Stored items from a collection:
———

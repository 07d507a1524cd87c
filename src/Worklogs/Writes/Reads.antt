-- ===== src/Worklogs/Writes/Reads.antt =====
-- Runs of internal/server/jira_worklog.go that send reads only.
use external_gateway.Prelude.{
  Bool, true, false, not, Bytes, List, [], ◌∷◌, ◌++◌, str_eq, str_eq_iff, Result, ok, err, ◌≡◌, inl,
  inr, refl, subst, ap, arith, All, All-append, Some, Some-right, Bool-cases,
}
use external_gateway.Worklogs.{
  User, Worklog, Event, get_myself, get_issue, get_user, get_worklog, post_worklog, put_worklog,
  delete_worklog, Upstream, WorklogError, no_account,
}
use external_gateway.Worklogs.Writes.{Run, resume, require, answer, myself, user_name, refuse_other}

-- A request that changes nothing.
abbrev pub IsRead : Event → Type 0
IsRead (get_myself reply) = Unit {0}
IsRead (get_issue key fields reply) = Unit {0}
IsRead (get_user account reply) = Unit {0}
IsRead (get_worklog id reply) = Unit {0}
IsRead (post_worklog body reply) = ⊥
IsRead (put_worklog id body reply) = ⊥
IsRead (delete_worklog id reply) = ⊥

-- The event is in the log.
abbrev pub Has : Event → List Event → Type 0
Has e log = Some (λ x. x ≡ e) log

abbrev pub Outcome : Type 0 → Type 0
Outcome A = Result WorklogError A × List Event

-- A run after a step: it ends with the step's error, or goes on with its value.
pub resume-cases :
    {A B : Type 0} (G : Outcome B → Type 0) (r : Result WorklogError A) (f : A → Run B)
    (log : List Event)
    → ((e : WorklogError) → G (err e, log))
    → ((a : A) → r ≡ ok a → G (f a log))
    → G (resume r f log)
resume-cases G (ok a) f log failed went = went a refl
resume-cases G (err e) f log failed went = failed e

pub answer-eq-ok : {A : Type 0} (r : Result Bytes A) (a : A) → answer r ≡ ok a → r ≡ ok a
answer-eq-ok (ok b) a h = ground arith
answer-eq-ok (err m) a h = absurd (ground arith)

pub require-eq-ok : (b : Bool) (e : WorklogError) (u : Unit {0}) → require b e ≡ ok u → b ≡ true
require-eq-ok true e u h = refl
require-eq-ok false e u h = absurd (ground arith)

-- Only reads have been sent; and where there is a result, it is as asked.
abbrev pub Reads : {A : Type 0} → (A → List Event → Type 0) → Outcome A → Type 0
Reads {A} P r = All IsRead r.1 × ((a : A) → r.0 ≡ ok a → P a r.1)

pub snoc : (log : List Event) (e : Event) → All IsRead log → IsRead e → All IsRead (log ++ e ∷ [])
snoc log e h k = All-append IsRead log (e ∷ []) h (k, tt)

pub stopped :
    {A : Type 0} (P : A → List Event → Type 0) (e : WorklogError) (log : List Event)
    → All IsRead log
    → Reads P (err e, log)
stopped P e log h = (h, λ a k. absurd (ground arith))

pub next :
    {A B : Type 0} (P : B → List Event → Type 0) (r : Result WorklogError A) (f : A → Run B)
    (log : List Event)
    → All IsRead log
    → ((a : A) → r ≡ ok a → Reads P (f a log))
    → Reads P (resume r f log)
next P r f log h went = resume-cases (Reads P) r f log (λ e. stopped P e log h) went

pub done :
    {A : Type 0} (P : A → List Event → Type 0) (a : A) (log : List Event)
    → All IsRead log
    → P a log
    → Reads P (ok a, log)
done P a log h p = (h, λ b k. let same : a ≡ b = ground arith in subst (λ x. P x log) same p)

pub last-Has : (log : List Event) (e f : Event) → e ≡ f → Has f (log ++ e ∷ [])
last-Has log e f h = Some-right (λ x. x ≡ f) log (e ∷ []) (inl h)

-- What follows the last request asks nobody.
pub resume-same :
    {A B : Type 0} (r : Result WorklogError A) (f : A → Run B) (log : List Event)
    → ((a : A) → (f a log).1 ≡ log)
    → (resume r f log).1 ≡ log
resume-same (ok a) f log h = h a
resume-same (err e) f log h = refl

module _ (api : Upstream) where
  abbrev pub Knows : User → List Event → Type 0
  Knows me log = Has (get_myself (ok me)) log

  pub myself-Reads : (log : List Event) → All IsRead log → Reads Knows (myself api log)
  unfolding myself
  myself-Reads log h =
      let after = log ++ get_myself (api.myself log) ∷ [] in
      let reads = snoc log (get_myself (api.myself log)) h tt in
      next Knows (answer (api.myself log)) _ after reads (λ u e.
        next Knows (require (not (str_eq u.account_id [])) no_account) _ after reads (λ _ _.
          done Knows u after reads (
            last-Has log (get_myself (api.myself log)) (get_myself (ok u))
              (ap get_myself (answer-eq-ok (api.myself log) u e)))))

  pub refuse_other-Reads :
      (id : Bytes) (me : User) (w : Worklog) (log : List Event)
      → All IsRead log
      → Reads (λ _ l. (l ≡ log) × (w.author ≡ me.account_id)) (refuse_other api id me w log)
  unfolding refuse_other user_name
  refuse_other-Reads id me w log h = elim (Bool-cases (str_eq w.author me.account_id)) [
    | inl e ↦ rw (e) (h, λ _ _. (refl, (str_eq_iff w.author me.account_id).0 e))
    | inr e ↦
        rw (e)
          (snoc log (get_user w.author (api.user w.author log)) h tt, λ a k. absurd (ground arith))
  ]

———

# Your task
Where a line above contains the word "next", copy that line.

# Exercise result
pub next :
next P r f log h went = resume-cases (Reads P) r f log (λ e. stopped P e log h) went
      next Knows (answer (api.myself log)) _ after reads (λ u e.
        next Knows (require (not (str_eq u.account_id [])) no_account) _ after reads (λ _ _.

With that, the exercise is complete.